Syrie : Le bon, la brute, et les autres
Depuis 10 mois, la révolution contre le régime syrien divise la population de ce pays. Un conflit qui a déjà fait plus de 5 000 morts selon l'ONU et qui résonne jusque dans les murs de Clermont-Ferrand
Dans un appartement de Clermont-Ferrand, un couple discute autour d'un café aux odeurs de cardamome. Imad Chalfoun et sa femme Naghal Alachab sont tous deux étudiants à l'université Blaise Pascal. Non loin de là, au coin d'une rue, une jeune femme, converse par téléphone avec un ami. Le point commun entre Imad, Naghal et Chaghaf ? Ils sont syriens, et vivent en France.
A 3 124 kilomètres de Clermont-Ferrand se déchaîne depuis 10 mois un affronte-ment entre le régime syrien et ses opposants.
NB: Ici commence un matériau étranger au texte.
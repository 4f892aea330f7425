-- ===== src/Chain/Nodes.antt =====
-- Distinct nodes in joined lists.
use rtgc.Common.{
  append-nil, append_assoc, ℕ, ◌≢◌, refl, sym, List, [], ◌∷◌, ◌++◌, All, All-append,
  All-append_left, All-append_right, IsDistinct, ◌∉◌, Disjoint, head_or, last_or, append-nil,
}
use rtgc.InfoBits.{Ptr}
use rtgc.InfoBits.Words.{Aligned}
use rtgc.Chain.{IsNode, AreNodes}
use rtgc.Chain.Laws.{All-last_or}

module _ {ℓ} (P : ℕ → Type ℓ) where
  pub All-middle :
      (xs : List ℕ) (x : ℕ) (ys : List ℕ) → All P (xs ++ x ∷ ys) → P x × All P (xs ++ ys)
  All-middle [] x ys h = h
  All-middle (z ∷ xs) x ys h = let r = All-middle xs x ys h.1 in (r.0, (h.0, r.1))

  pub middle-All :
      (xs : List ℕ) (x : ℕ) (ys : List ℕ) → P x → All P (xs ++ ys) → All P (xs ++ x ∷ ys)
  middle-All [] x ys p h = (p, h)
  middle-All (z ∷ xs) x ys p h = (h.0, middle-All xs x ys p h.1)

IsDistinct-middle :
    (xs : List ℕ) (x : ℕ) (ys : List ℕ)
    → IsDistinct (xs ++ x ∷ ys)
    → (x ∉ (xs ++ ys)) × IsDistinct (xs ++ ys)
IsDistinct-middle [] x ys h = h
IsDistinct-middle (z ∷ xs) x ys h =
    let r = IsDistinct-middle xs x ys h.1 in
    let k = All-middle (λ y. y ≢ z) xs x ys h.0 in ((λ e. k.0 (sym e), r.0), (k.1, r.1))

middle-IsDistinct :
    (xs : List ℕ) (x : ℕ) (ys : List ℕ)
    → x ∉ (xs ++ ys)
    → IsDistinct (xs ++ ys)
    → IsDistinct (xs ++ x ∷ ys)
middle-IsDistinct [] x ys o h = (o, h)
middle-IsDistinct (z ∷ xs) x ys o h =
    (middle-All (λ y. y ≢ z) xs x ys (λ e. o.0 (sym e)) h.0, middle-IsDistinct xs x ys o.1 h.1)

pub AreNodes-middle :
    (xs : List Ptr) (x : Ptr) (ys : List Ptr) → AreNodes (xs ++ x ∷ ys) → AreNodes (x ∷ (xs ++ ys))
AreNodes-middle xs x ys h = (All-middle IsNode xs x ys h.0, IsDistinct-middle xs x ys h.1)

pub middle-AreNodes :
    (xs : List Ptr) (x : Ptr) (ys : List Ptr) → AreNodes (x ∷ (xs ++ ys)) → AreNodes (xs ++ x ∷ ys)
middle-AreNodes xs x ys h =
    (middle-All IsNode xs x ys h.0.0 h.0.1, middle-IsDistinct xs x ys h.1.0 h.1.1)

-- The order of two parts does not matter.
pub AreNodes-swap : (xs ys : List Ptr) → AreNodes (xs ++ ys) → AreNodes (ys ++ xs)
AreNodes-swap [] ys h = rw append-nil h
AreNodes-swap (x ∷ xs) ys h =
    let r = AreNodes-swap xs ys (h.0.1, h.1.1) in
    middle-AreNodes ys x xs ((h.0.0, r.0), (away ys xs x (flip xs ys x h.1.0), r.1))
  where
    flip : (us vs : List Ptr) (x : Ptr) → x ∉ (us ++ vs) → (x ∉ vs) × (x ∉ us)
    flip us vs x o = (All-append_right (λ y. y ≢ x) us vs o, All-append_left (λ y. y ≢ x) us vs o)

    away : (us vs : List Ptr) (x : Ptr) → (x ∉ us) × (x ∉ vs) → x ∉ (us ++ vs)
    away us vs x o = All-append (λ y. y ≢ x) us vs o.0 o.1

IsDistinct-left : (xs ys : List ℕ) → IsDistinct (xs ++ ys) → IsDistinct xs
IsDistinct-left [] ys h = tt
IsDistinct-left (x ∷ xs) ys h = (All-append_left (λ y. y ≢ x) xs ys h.0, IsDistinct-left xs ys h.1)

IsDistinct-right : (xs ys : List ℕ) → IsDistinct (xs ++ ys) → IsDistinct ys
IsDistinct-right [] ys h = h
IsDistinct-right (x ∷ xs) ys h = IsDistinct-right xs ys h.1

pub AreNodes-left : (xs ys : List Ptr) → AreNodes (xs ++ ys) → AreNodes xs
AreNodes-left xs ys h = (All-append_left IsNode xs ys h.0, IsDistinct-left xs ys h.1)

pub AreNodes-right : (xs ys : List Ptr) → AreNodes (xs ++ ys) → AreNodes ys
AreNodes-right xs ys h = (All-append_right IsNode xs ys h.0, IsDistinct-right xs ys h.1)

IsDistinct-Disjoint : (xs ys : List ℕ) → IsDistinct (xs ++ ys) → Disjoint xs ys
IsDistinct-Disjoint [] ys h = tt
IsDistinct-Disjoint (x ∷ xs) ys h =
    (All-append_right (λ y. y ≢ x) xs ys h.0, IsDistinct-Disjoint xs ys h.1)

pub AreNodes-Disjoint : (xs ys : List Ptr) → AreNodes (xs ++ ys) → Disjoint xs ys
AreNodes-Disjoint xs ys h = IsDistinct-Disjoint xs ys h.1

zero_away : (ys : List Ptr) → All IsNode ys → 0 ∉ ys
zero_away [] n = tt
zero_away (y ∷ ys) n = (n.0.1, zero_away ys n.1)

-- The ends of one part are away from the other, also where the part is empty.
pub last_or-away : (xs ys : List Ptr) → AreNodes (xs ++ ys) → last_or 0 xs ∉ ys
last_or-away [] ys h = zero_away ys h.0
last_or-away (x ∷ xs) ys h =
    let d = AreNodes-Disjoint (x ∷ xs) ys h in All-last_or (λ z. z ∉ ys) x xs d.0 d.1

pub head_or-away : (xs ys : List Ptr) → AreNodes (xs ++ ys) → head_or xs 0 ∉ ys
head_or-away [] ys h = zero_away ys h.0
head_or-away (x ∷ xs) ys h = (AreNodes-Disjoint (x ∷ xs) ys h).0

pub last_or-Aligned : (xs : List Ptr) → All IsNode xs → Aligned (last_or 0 xs)
last_or-Aligned [] h = refl
last_or-Aligned (x ∷ xs) h = (All-last_or IsNode x xs h.0 h.1).0

pub head_or-Aligned : (xs : List Ptr) → All IsNode xs → Aligned (head_or xs 0)
head_or-Aligned [] h = refl
head_or-Aligned (x ∷ xs) h = h.0.0

-- Two of three parts.
pub AreNodes-part_right : (xs ys zs : List Ptr) → AreNodes ((xs ++ ys) ++ zs) → AreNodes (ys ++ zs)
AreNodes-part_right xs ys zs h = AreNodes-right xs (ys ++ zs) (rw (append_assoc xs ys zs) at h)

pub AreNodes-part_left : (xs ys zs : List Ptr) → AreNodes ((xs ++ ys) ++ zs) → AreNodes (xs ++ zs)
AreNodes-part_left xs [] zs h = rw append-nil at h
AreNodes-part_left xs (y ∷ ys) zs h =
    let k : AreNodes (xs ++ y ∷ (ys ++ zs)) = rw (append_assoc xs (y ∷ ys) zs) at h in
    let d = AreNodes-middle xs y (ys ++ zs) k in
    AreNodes-part_left xs ys zs (rw (append_assoc xs ys zs) (d.0.1, d.1.1))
Un conflit violent qui semble flou et lointain. Pourtant, il fait partie du quotidien de ces trois personnages, bien que ces derniers n'aient pas tous choisi de défendre la même cause.
Pour Imad et Naghal, la révolution nourrie par des forces étrangères, est porteuse de corruption. " Bachar Al-Assad est un grand intellectuel, modeste et simple. Nous sommes pour le président, quelque soit sa religion. La Syrie vivait en paix ces dernières années. Aujourd'hui, les affrontements entre les communautés sunnites et alaouites ne font que s'amplifier." Leurs familles restées en Syrie, leur a parlé de groupes armés opposants au régime qui sèmeraient la terreur à Homs.
Autre son de cloche, Chaghaf, qui s'affirme " contre le régime et pour la révolution ". Elle déplore cependant elle aussi, que le mouvement soit armé. " Au début les manifestations étaient non-violentes. Mais petit à petit, les gens ont pris les armes pour se protéger de la répression des hommes de Bachar Al-Assad. Ils n'avaient plus le choix. Il est vrai qu'aujourd'hui, il y a des exagérations. Les gens deviennent fous. Ils voient leurs frères tués et leurs mères violées. Ce sont des réactions humaines. Mais si le régime n'arrive pas a protéger son peuple de la violence, alors est-il toujours légitime? "
Quant à la position de la France dans le conflit, la jeune étudiante souhaiterait qu'elle soit plus concrète. Elle reste cependant opposée à une intervention armée qui serait lourde de victime civiles. " Au final, ce sera peut être la seule solution et cela fait peur !". Lorsqu'il s'agit des médias occidentaux, les avis de Naghal, Imad et Chaghaf se rapprochent. " Ils ne voient qu'un côté de la révolution. Ils ne parlent que d'un régime qui tue et attaque. Ce qui est le plus délicat en Syrie, c'est de comprendre les arguments de ceux qui sont pour le régime de Bachar - expose Chaghaf.- La France ne touche pas à ce débat.". Imad va plus loin en affirmant que les médias occidentaux ne font que reprendre les informations faussées et pro-révolutionnaires de la chaîne qatarie, Al Jazeera.
Des opinions opposées, des peurs communes
Les causes des uns et des autres s'entrechoquent donc. Leurs peurs et leurs sentiments d'expatriés face à la situation syrienne restent pourtant similaires. Tout trois craignent pour leur famille et pour l'avenir de leur pays. " Je sens que je n'ai plus de maison à laquelle revenir quand je ne vais pas bien " explique Chaghaf. Ils se voient contraints de se créer une opinion sur la bases des médias et des idées reflétées par leurs proches restés au pays. "C'est fatigant, on est pas dans la situation mais on souffre quand même".
La principale différence entre la révolution syrienne et les printemps arabes en Tunisie ou Egypte est avant tout la grande diversité de la Syrie. La minorité alaouite au pouvoir rassure les autres minorités. Malgré sa brutalité, le régime syrien permet une certaine stabilité d'entente entre les communautés. " Tout le monde a peur des islamistes explique Naghal. Il ne sont pas un bon présage. Surtout pour nous qui sommes chrétiens. " La crainte d'une hypothétique guerre civile succédant au régime de Bachar Al-Assad est présente dans tous les esprits. Mais si la stabilité est rassurante, l'enlisement de la pauvreté, pour certains, est devenu toxique. " Les gens n'ont plus rien à perdre, ils sont saturés par la misère. C'est ce qui leur donne cette force irrépressible " souli-gne Chaghaf.
Lorsque la jeune femme regarde vers le futur, elle doute. " La situation va mettre beaucoup de temps à évoluer. Les gens sont fatigués. La révolution a pris un nouveau style. Elle stagne. Il y a environ 30 morts chaque jours. Ca fait peur de penser qu'on pourrait avoir payé aussi cher pour rien. Mais on garde quand même confiance en la cause syrienne."